# [PROBLEM DETAILS]
Take every line containing "reserved" from the material and copy it.

# [AVAILABLE DATA]
════════

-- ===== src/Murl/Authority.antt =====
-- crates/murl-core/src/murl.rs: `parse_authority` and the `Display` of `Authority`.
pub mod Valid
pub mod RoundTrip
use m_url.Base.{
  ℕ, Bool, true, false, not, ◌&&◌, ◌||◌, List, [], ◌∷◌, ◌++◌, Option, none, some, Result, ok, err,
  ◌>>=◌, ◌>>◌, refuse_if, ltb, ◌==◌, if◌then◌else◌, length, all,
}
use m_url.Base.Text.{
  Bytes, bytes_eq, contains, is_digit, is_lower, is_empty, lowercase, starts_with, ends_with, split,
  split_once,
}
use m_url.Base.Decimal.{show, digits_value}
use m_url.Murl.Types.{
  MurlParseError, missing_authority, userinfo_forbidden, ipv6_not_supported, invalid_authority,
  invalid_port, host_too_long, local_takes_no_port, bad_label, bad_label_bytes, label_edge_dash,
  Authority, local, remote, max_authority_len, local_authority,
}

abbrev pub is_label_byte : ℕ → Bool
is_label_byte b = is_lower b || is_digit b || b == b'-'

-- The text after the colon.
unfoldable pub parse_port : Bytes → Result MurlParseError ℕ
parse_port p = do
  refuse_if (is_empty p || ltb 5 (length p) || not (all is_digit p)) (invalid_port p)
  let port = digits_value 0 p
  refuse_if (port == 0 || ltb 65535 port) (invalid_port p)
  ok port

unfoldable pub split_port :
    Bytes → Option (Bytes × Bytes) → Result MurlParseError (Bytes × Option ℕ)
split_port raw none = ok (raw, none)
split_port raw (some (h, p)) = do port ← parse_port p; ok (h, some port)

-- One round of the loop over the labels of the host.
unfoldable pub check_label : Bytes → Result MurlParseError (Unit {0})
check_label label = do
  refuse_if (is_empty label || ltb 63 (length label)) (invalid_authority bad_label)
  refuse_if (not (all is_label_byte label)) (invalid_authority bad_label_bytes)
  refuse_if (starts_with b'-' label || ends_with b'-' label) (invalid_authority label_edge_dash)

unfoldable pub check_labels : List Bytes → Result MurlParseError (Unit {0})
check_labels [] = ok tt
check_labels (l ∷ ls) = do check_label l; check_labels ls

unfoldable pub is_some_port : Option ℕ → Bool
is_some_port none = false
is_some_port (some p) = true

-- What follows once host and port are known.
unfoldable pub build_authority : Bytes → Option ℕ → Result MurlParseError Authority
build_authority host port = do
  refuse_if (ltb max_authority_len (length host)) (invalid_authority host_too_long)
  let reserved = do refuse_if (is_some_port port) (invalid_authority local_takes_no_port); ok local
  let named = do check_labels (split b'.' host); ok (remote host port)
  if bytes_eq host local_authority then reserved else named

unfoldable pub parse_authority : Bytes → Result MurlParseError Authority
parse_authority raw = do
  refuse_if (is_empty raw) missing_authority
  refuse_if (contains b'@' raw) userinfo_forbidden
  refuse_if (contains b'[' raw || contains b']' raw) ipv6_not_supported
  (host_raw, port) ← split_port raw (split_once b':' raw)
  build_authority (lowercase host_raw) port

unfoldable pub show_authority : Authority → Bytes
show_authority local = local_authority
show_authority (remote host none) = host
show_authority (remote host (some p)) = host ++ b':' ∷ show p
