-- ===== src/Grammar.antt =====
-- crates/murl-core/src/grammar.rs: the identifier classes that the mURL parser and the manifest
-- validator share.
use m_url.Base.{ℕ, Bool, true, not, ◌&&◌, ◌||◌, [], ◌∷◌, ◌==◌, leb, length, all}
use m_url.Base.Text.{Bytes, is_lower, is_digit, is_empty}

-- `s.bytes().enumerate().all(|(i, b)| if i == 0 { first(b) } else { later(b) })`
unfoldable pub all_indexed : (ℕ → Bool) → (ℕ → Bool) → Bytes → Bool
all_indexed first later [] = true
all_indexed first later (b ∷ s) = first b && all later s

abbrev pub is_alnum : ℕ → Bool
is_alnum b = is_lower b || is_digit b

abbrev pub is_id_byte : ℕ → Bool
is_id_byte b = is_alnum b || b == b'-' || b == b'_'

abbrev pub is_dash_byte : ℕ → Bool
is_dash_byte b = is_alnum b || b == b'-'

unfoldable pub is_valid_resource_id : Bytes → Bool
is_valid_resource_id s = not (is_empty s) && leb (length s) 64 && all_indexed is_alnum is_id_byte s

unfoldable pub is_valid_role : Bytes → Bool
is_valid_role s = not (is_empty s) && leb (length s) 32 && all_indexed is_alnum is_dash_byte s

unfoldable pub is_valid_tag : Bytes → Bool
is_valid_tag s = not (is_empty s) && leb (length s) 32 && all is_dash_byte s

════════

# [WRITTEN REPLY]
  let reserved = do refuse_if (is_some_port port) (invalid_authority local_takes_no_port); ok local
  if bytes_eq host local_authority then reserved else named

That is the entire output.